(Collected data)
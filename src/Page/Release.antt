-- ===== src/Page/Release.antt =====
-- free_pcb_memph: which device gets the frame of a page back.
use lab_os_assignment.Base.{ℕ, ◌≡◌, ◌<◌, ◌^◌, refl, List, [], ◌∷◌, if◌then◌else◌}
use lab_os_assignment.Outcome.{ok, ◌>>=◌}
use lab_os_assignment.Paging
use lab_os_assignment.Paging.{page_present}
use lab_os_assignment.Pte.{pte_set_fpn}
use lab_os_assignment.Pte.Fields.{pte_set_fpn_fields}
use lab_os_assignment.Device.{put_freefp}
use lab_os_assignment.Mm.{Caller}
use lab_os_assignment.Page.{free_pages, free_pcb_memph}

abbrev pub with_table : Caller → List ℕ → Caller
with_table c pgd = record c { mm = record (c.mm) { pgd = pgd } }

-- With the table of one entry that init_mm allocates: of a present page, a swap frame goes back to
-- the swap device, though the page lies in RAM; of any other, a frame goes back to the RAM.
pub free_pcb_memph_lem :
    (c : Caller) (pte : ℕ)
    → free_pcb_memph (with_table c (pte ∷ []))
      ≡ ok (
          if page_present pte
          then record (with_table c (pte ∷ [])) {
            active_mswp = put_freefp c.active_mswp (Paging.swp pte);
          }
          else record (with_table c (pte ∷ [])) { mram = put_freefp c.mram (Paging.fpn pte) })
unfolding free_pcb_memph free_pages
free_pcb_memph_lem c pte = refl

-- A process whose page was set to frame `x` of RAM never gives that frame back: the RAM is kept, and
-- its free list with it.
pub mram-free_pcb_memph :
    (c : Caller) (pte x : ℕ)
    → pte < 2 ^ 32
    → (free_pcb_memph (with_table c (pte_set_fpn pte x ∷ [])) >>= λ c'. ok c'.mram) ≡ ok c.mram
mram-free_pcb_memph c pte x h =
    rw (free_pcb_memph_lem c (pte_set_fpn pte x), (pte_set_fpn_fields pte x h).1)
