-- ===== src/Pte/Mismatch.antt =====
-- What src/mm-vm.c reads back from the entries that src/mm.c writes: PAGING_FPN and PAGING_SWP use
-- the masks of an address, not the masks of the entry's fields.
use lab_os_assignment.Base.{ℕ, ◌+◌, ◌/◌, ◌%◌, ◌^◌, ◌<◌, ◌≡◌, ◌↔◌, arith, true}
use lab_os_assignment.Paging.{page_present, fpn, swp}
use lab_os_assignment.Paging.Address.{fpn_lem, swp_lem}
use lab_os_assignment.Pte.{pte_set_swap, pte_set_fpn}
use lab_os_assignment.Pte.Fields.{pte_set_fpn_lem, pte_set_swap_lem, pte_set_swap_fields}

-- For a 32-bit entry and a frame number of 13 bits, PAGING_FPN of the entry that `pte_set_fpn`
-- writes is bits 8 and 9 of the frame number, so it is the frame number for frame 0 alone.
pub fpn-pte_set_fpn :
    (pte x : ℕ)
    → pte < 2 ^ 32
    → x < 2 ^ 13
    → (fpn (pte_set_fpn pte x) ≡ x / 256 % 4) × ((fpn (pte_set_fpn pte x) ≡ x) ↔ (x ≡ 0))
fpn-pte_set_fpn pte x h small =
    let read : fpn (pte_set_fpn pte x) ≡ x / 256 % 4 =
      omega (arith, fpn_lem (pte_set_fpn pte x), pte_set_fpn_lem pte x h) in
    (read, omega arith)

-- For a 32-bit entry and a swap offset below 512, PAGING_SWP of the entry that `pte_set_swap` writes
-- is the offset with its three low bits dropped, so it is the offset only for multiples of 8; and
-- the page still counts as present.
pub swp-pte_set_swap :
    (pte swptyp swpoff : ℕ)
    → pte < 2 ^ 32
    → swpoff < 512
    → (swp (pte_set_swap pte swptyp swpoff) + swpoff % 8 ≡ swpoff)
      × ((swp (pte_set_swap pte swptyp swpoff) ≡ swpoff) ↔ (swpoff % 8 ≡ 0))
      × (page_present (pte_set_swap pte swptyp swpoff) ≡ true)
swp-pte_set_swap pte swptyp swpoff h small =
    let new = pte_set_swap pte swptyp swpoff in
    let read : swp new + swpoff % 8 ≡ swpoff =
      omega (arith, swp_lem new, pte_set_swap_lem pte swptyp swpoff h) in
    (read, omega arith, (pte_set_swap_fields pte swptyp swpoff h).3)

* _Goal of the exercise_
Your task is to quote the lines above, beginning with the first and ending with the one that holds "-- the swap".

* _Final answer_
filename src/Page/Release.antt
-- ===== src/Page/Release.antt =====
-- free_pcb_memph: which device gets the frame of a page back.
use lab_os_assignment.Base.{ℕ, ◌≡◌, ◌<◌, ◌^◌, refl, List, [], ◌∷◌, if◌then◌else◌}
use lab_os_assignment.Outcome.{ok, ◌>>=◌}
use lab_os_assignment.Paging
use lab_os_assignment.Paging.{page_present}
use lab_os_assignment.Pte.{pte_set_fpn}
use lab_os_assignment.Pte.Fields.{pte_set_fpn_fields}
use lab_os_assignment.Device.{put_freefp}
use lab_os_assignment.Mm.{Caller}
use lab_os_assignment.Page.{free_pages, free_pcb_memph}

abbrev pub with_table : Caller → List ℕ → Caller
with_table c pgd = record c { mm = record (c.mm) { pgd = pgd } }

-- With the table of one entry that init_mm allocates: of a present page, a swap frame goes back to
-- the swap device, though the page lies in RAM; of any other, a frame goes back to the RAM.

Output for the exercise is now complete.